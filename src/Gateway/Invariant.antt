-- ===== src/Gateway/Invariant.antt =====
-- Any sequence of calls on the hub keeps its indices in step.
use sagiton.Prelude.{ℕ, ◌≡◌, ◌≢◌, none}
use sagiton.Collections.{get}
use sagiton.Gateway.{
  HubState, register, unregister, subscribe_channel, unsubscribe_channel, subscribe_thread,
  unsubscribe_thread, touch_heartbeat, shutdown_all, new_hub,
}
use sagiton.Gateway.Wiring.{
  IsWired, register-IsWired, unregister-IsWired, subscribe_channel-IsWired,
  unsubscribe_channel-IsWired, subscribe_thread-IsWired, unsubscribe_thread-IsWired,
  touch_heartbeat-IsWired, new_hub-IsWired,
}

-- The calls that tasks make on the hub. A connection id is fresh when it is registered, and a task
-- subscribes its own connection, which is registered.
pub data Step : HubState → HubState → Type 0 where
  registers :
      (c now u : ℕ) (hub : HubState)
      → get c hub.connections ≡ none
      → Step hub (register c now u hub).0
  unregisters : (c : ℕ) (hub : HubState) → Step hub (unregister c hub).0
  subscribes_channel :
      (c k : ℕ) (hub : HubState)
      → get c hub.connections ≢ none
      → Step hub (subscribe_channel c k hub)
  unsubscribes_channel : (c k : ℕ) (hub : HubState) → Step hub (unsubscribe_channel c k hub)
  subscribes_thread :
      (c k : ℕ) (hub : HubState)
      → get c hub.connections ≢ none
      → Step hub (subscribe_thread c k hub)
  unsubscribes_thread : (c k : ℕ) (hub : HubState) → Step hub (unsubscribe_thread c k hub)
  touches : (c now : ℕ) (hub : HubState) → Step hub (touch_heartbeat c now hub)
  shuts_down : (hub : HubState) → Step hub (shutdown_all hub)

pub data Reach (s : HubState) : HubState → Type 0 where
  here : Reach s s
  next : {t u : HubState} → Reach s t → Step t u → Reach s u

shutdown_all-IsWired : (hub : HubState) → IsWired (shutdown_all hub)
unfolding shutdown_all
shutdown_all-IsWired hub = new_hub-IsWired

Step-IsWired : {t u : HubState} → Step t u → IsWired t → IsWired u
Step-IsWired (registers c now u hub fresh) w = register-IsWired c now u hub fresh w
Step-IsWired (unregisters c hub) w = unregister-IsWired c hub w
Step-IsWired (subscribes_channel c k hub known) w = subscribe_channel-IsWired c k hub w known
Step-IsWired (unsubscribes_channel c k hub) w = unsubscribe_channel-IsWired c k hub w
Step-IsWired (subscribes_thread c k hub known) w = subscribe_thread-IsWired c k hub w known
Step-IsWired (unsubscribes_thread c k hub) w = unsubscribe_thread-IsWired c k hub w
Step-IsWired (touches c now hub) w = touch_heartbeat-IsWired c now hub w
Step-IsWired (shuts_down hub) w = shutdown_all-IsWired hub

-- After any calls on a new hub, each with a fresh id where it registers and a registered connection
-- where it subscribes, the indices are in step: a connection is in the set of a user, of a channel
-- or of a thread exactly when it is registered and its own record says so; no set is empty or has a
-- member twice, and no connection is listed twice.
pub Reach-IsWired : {hub : HubState} → Reach new_hub hub → IsWired hub
Reach-IsWired here = new_hub-IsWired
Reach-IsWired (next r st) = Step-IsWired st (Reach-IsWired r)
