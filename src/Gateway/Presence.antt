-- ===== src/Gateway/Presence.antt =====
-- Presence: a user goes online with the first of his connections and offline with the last.
use mathlib.Core.Bool.{false≢true}
use sagiton.Prelude.{
  ℕ, ◌≡◌, refl, sym, ap, ◌∙◌, ==_refl, Bool, true, false, not, ◌||◌, none, some, [], ◌∷◌, arith,
  ◌==◌, inl, inr, Option-cases, Bool-cases,
}
use sagiton.Collections.{
  HashMap, HashSet, get, insert, contains, set_insert, set_remove, UniqueKeys, get-insert,
  get-remove,
}
use sagiton.Collections.Scope.{join, leave, put_or_drop, has_member, or_default}
use sagiton.Gateway.{ConnectionState, HubState, register, unregister, drops_user, has_length_one}
use sagiton.Gateway.Wiring.{IsWired, owned_by, unregister-IsWired}

-- Some connection of the hub belongs to the user.
abbrev pub online : ℕ → HashMap ConnectionState → Bool
online u [] = false
online u ((_, conn) ∷ m) = conn.user_id == u || online u m

abbrev is_nil : HashSet → Bool
is_nil [] = true
is_nil (_ ∷ _) = false

online_of_owned :
    (u c : ℕ) (m : HashMap ConnectionState) → owned_by u (get c m) ≡ true → online u m ≡ true
unfolding get
online_of_owned u c [] h = cc
online_of_owned u c ((d, conn) ∷ m) h = ground (arith, online_of_owned u c m)

-- A user who is online has a connection that is found.
owned_of_online :
    (u : ℕ) (m : HashMap ConnectionState)
    → UniqueKeys m
    → online u m ≡ true
    → (c : ℕ) × (owned_by u (get c m) ≡ true)
unfolding get
owned_of_online u [] k h = absurd (false≢true h)
owned_of_online u ((c, conn) ∷ m) k h = elim (Bool-cases (conn.user_id == u)) [
  | inl mine ↦ (c, ground arith)
  | inr other ↦ let (d, owned) = owned_of_online u m k.1 (ground arith) in (d, ground arith)
]

module _ (u : ℕ) (hub : HubState) (w : IsWired hub) where
  index_go :
      (s : HashSet)
      → or_default (get u hub.user_connections) ≡ s
      → online u hub.connections ≡ not (is_nil s)
  unfolding has_member contains
  index_go [] e = elim (Bool-cases (online u hub.connections)) [
    | inl up ↦
        let (c, owned) = owned_of_online u hub.connections w.unique up in
        absurd (false≢true (sym (ap (contains c) e) ∙ w.users c u ∙ owned))
    | inr down ↦ down
  ]
  index_go (c ∷ s) e =
      online_of_owned u c hub.connections (sym (w.users c u) ∙ ap (contains c) e ∙ rw (==_refl c))

  -- The hub's index tells who is online.
  online_index : online u hub.connections ≡ not (is_nil (or_default (get u hub.user_connections)))
  online_index = index_go (or_default (get u hub.user_connections)) refl

length_one_insert :
    (c : ℕ) (s : HashSet) → contains c s ≡ false → has_length_one (set_insert c s) ≡ is_nil s
unfolding set_insert
length_one_insert c s h = ground arith

register_first :
    (c now u : ℕ) (hub : HubState)
    → IsWired hub
    → get c hub.connections ≡ none
    → (register c now u hub).1.first_connection ≡ not (online u hub.connections)
unfolding register join has_member
register_first c now u hub w fresh = ground (
  arith,
  online_index u hub w,
  get-insert u u (set_insert c (or_default (get u hub.user_connections))) hub.user_connections,
  length_one_insert c (or_default (get u hub.user_connections)),
  w.users c u,
)

register-online :
    (c now u : ℕ) (hub : HubState) → online u (register c now u hub).0.connections ≡ true
unfolding register insert
register-online c now u hub = ground arith

-- A connection that is registered under a fresh id is reported as the first one of its user exactly
-- when he had none, and then he is online.
pub register_presence :
    (c now u : ℕ) (hub : HubState)
    → IsWired hub
    → get c hub.connections ≡ none
    → ((register c now u hub).1.first_connection ≡ not (online u hub.connections))
      × (online u (register c now u hub).0.connections ≡ true)
register_presence c now u hub w fresh =
    (register_first c now u hub w fresh, register-online c now u hub)

or_default-put_or_drop :
    (u : ℕ) (r : HashSet) (m : HashMap HashSet) → or_default (get u (put_or_drop u r m)) ≡ r
or_default-put_or_drop u [] m = ground (arith, get-remove u u m)
or_default-put_or_drop u (d ∷ r) m = ground (arith, get-insert u u (d ∷ r) m)

drops_user_lem :
    (c u : ℕ) (m : HashMap HashSet) (s : HashSet)
    → get u m ≡ some s
    → drops_user c (get u m) ≡ is_nil (or_default (get u (leave c u m)))
unfolding leave
drops_user_lem c u m s e =
    rw (e, leave) (ground (arith, or_default-put_or_drop u (set_remove c s) m))

user_set_found :
    (c : ℕ) (hub : HubState) (conn : ConnectionState)
    → IsWired hub
    → get c hub.connections ≡ some conn
    → (s : HashSet) × (get conn.user_id hub.user_connections ≡ some s)
unfolding has_member contains
user_set_found c hub conn w found = elim (Option-cases (get conn.user_id hub.user_connections)) [
  | inl absent ↦ absurd (ground (arith, w.users c conn.user_id))
  | inr (s, e) ↦ (s, e)
]

unregister_result :
    (c : ℕ) (hub : HubState) (conn : ConnectionState) (s : HashSet)
    → get c hub.connections ≡ some conn
    → get conn.user_id hub.user_connections ≡ some s
    → (unregister c hub).1
      ≡ some (record {
        user_id = conn.user_id;
        became_offline =
            not
              (not (is_nil (or_default (get conn.user_id (unregister c hub).0.user_connections))));
      })
unfolding unregister
unregister_result c hub conn s found e =
    ground (arith, drops_user_lem c conn.user_id hub.user_connections s)

-- A connection that goes away takes its user offline exactly when he has no other one.
pub unregister_presence :
    (c : ℕ) (hub : HubState) (conn : ConnectionState)
    → IsWired hub
    → get c hub.connections ≡ some conn
    → (unregister c hub).1
      ≡ some (record {
        user_id = conn.user_id;
        became_offline = not (online conn.user_id (unregister c hub).0.connections);
      })
unregister_presence c hub conn w found =
    let (s, e) = user_set_found c hub conn w found in
    rw (online_index conn.user_id (unregister c hub).0 (unregister-IsWired c hub w))
      (unregister_result c hub conn s found e)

____

**TASK TO COMPLETE**:
Find where the line with "u → Reach s u" sits in the material above, then copy exactly from it through the line with "Step-IsWired (touches c". Add no other line.

**RESULT OF THIS TASK**:
  next : {t u : HubState} → Reach s t → Step t u → Reach s u

shutdown_all-IsWired : (hub : HubState) → IsWired (shutdown_all hub)
unfolding shutdown_all
shutdown_all-IsWired hub = new_hub-IsWired

Step-IsWired : {t u : HubState} → Step t u → IsWired t → IsWired u
Step-IsWired (registers c now u hub fresh) w = register-IsWired c now u hub fresh w
Step-IsWired (unregisters c hub) w = unregister-IsWired c hub w
Step-IsWired (subscribes_channel c k hub known) w = subscribe_channel-IsWired c k hub w known
Step-IsWired (unsubscribes_channel c k hub) w = unsubscribe_channel-IsWired c k hub w
Step-IsWired (subscribes_thread c k hub known) w = subscribe_thread-IsWired c k hub w known
Step-IsWired (unsubscribes_thread c k hub) w = unsubscribe_thread-IsWired c k hub w
Step-IsWired (touches c now hub) w = touch_heartbeat-IsWired c now hub w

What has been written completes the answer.